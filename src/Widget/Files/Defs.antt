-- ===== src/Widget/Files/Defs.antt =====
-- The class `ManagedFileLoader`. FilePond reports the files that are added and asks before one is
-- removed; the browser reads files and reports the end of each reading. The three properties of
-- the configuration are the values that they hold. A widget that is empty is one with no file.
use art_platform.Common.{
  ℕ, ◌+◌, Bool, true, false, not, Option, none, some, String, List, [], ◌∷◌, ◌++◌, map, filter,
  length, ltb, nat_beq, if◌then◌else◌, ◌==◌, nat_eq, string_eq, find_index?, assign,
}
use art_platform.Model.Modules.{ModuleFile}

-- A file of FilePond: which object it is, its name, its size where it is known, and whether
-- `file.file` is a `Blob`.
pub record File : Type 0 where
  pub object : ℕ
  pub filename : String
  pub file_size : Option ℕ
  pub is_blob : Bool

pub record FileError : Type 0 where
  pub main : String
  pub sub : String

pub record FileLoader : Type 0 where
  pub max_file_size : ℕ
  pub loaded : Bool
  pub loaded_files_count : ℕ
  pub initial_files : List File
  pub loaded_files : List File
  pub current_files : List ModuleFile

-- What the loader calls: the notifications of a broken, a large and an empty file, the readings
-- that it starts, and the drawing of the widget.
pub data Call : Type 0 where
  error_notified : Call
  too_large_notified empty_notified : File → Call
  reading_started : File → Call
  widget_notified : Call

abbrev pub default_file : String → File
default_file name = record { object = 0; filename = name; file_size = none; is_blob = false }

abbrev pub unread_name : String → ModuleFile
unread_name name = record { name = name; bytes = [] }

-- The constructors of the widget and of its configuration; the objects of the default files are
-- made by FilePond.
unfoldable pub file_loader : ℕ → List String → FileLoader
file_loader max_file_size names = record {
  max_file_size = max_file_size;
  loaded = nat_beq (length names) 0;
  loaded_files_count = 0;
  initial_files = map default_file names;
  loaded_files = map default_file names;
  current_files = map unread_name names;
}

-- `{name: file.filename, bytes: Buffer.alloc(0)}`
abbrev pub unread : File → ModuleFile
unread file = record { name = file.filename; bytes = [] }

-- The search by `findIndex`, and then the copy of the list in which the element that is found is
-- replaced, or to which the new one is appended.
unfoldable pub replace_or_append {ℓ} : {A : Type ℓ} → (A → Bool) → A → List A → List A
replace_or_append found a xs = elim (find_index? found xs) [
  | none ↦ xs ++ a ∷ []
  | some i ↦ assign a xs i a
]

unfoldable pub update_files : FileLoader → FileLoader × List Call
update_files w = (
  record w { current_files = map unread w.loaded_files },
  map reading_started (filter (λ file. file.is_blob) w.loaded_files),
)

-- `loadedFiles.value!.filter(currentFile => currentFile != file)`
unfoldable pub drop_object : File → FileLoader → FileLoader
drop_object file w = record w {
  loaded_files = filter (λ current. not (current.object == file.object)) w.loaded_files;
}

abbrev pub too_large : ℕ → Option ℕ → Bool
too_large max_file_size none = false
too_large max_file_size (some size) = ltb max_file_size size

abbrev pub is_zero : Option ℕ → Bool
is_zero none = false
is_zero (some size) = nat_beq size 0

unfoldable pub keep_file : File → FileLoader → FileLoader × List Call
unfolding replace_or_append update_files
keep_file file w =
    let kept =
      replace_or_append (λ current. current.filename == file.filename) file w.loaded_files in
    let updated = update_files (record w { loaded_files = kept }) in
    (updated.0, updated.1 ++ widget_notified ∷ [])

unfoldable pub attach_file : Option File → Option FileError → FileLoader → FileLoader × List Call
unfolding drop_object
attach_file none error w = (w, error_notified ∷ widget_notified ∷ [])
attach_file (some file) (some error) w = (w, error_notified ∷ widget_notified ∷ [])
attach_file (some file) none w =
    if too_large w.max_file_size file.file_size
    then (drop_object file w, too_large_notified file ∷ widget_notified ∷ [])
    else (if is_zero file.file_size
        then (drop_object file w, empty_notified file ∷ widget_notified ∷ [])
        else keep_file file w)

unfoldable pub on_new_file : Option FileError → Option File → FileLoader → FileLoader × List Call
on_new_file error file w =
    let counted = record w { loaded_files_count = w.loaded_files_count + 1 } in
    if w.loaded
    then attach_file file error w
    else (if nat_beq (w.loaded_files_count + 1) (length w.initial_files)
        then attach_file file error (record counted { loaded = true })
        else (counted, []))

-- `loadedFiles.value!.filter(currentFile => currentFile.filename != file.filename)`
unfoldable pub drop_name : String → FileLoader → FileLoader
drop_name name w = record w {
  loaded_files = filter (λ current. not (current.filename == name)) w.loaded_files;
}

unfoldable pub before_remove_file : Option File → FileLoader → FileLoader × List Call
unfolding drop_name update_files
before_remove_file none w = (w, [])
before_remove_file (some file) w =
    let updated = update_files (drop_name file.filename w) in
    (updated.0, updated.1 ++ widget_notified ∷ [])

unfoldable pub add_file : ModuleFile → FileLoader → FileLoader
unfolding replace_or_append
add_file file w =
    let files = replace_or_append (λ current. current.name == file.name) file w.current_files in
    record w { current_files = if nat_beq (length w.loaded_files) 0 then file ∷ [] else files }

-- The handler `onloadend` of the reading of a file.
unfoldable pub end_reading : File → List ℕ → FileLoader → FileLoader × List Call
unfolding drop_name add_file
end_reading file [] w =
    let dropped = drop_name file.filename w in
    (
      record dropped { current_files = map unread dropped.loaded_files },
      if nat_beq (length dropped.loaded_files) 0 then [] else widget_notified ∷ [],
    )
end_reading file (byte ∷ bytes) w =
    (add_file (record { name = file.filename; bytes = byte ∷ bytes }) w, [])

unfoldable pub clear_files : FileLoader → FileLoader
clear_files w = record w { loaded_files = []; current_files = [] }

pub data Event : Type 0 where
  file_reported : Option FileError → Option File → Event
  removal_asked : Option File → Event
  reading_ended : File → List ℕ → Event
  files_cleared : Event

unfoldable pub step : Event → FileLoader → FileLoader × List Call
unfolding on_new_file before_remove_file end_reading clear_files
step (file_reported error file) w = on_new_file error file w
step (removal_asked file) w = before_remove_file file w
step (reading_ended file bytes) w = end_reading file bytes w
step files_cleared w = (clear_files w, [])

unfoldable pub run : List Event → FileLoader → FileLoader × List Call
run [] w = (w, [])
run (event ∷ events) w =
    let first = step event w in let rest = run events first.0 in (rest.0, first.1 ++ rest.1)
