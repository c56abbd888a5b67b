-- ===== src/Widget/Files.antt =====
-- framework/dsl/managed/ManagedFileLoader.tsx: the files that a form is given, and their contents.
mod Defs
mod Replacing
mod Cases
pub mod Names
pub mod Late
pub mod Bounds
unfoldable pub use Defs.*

== == ==

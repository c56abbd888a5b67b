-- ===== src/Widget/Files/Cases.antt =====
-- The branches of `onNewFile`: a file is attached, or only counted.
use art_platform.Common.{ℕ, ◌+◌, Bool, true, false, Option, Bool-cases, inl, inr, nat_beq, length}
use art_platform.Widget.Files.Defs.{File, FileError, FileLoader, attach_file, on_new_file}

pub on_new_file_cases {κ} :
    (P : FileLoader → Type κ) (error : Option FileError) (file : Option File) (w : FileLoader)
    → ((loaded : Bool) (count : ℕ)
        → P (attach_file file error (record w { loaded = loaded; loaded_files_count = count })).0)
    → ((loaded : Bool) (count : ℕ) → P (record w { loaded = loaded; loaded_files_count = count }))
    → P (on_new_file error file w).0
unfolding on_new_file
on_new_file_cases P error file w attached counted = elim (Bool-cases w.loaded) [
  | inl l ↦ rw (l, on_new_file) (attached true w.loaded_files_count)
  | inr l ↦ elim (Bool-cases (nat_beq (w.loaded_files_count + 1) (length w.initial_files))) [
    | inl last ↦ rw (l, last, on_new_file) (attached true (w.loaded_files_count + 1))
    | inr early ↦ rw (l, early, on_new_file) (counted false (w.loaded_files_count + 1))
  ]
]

== == ==

* **What is needed**:
Only one stretch of the records above is wanted: the lines between the one holding "filename src/Widget/Files/Defs.antt" and the one holding "-- removed; the", inclusive, reproduced exactly.

* **Your response**:
filename src/Widget/Files/Defs.antt
-- ===== src/Widget/Files/Defs.antt =====
-- The class `ManagedFileLoader`. FilePond reports the files that are added and asks before one is
-- removed; the browser reads files and reports the end of each reading. The three properties of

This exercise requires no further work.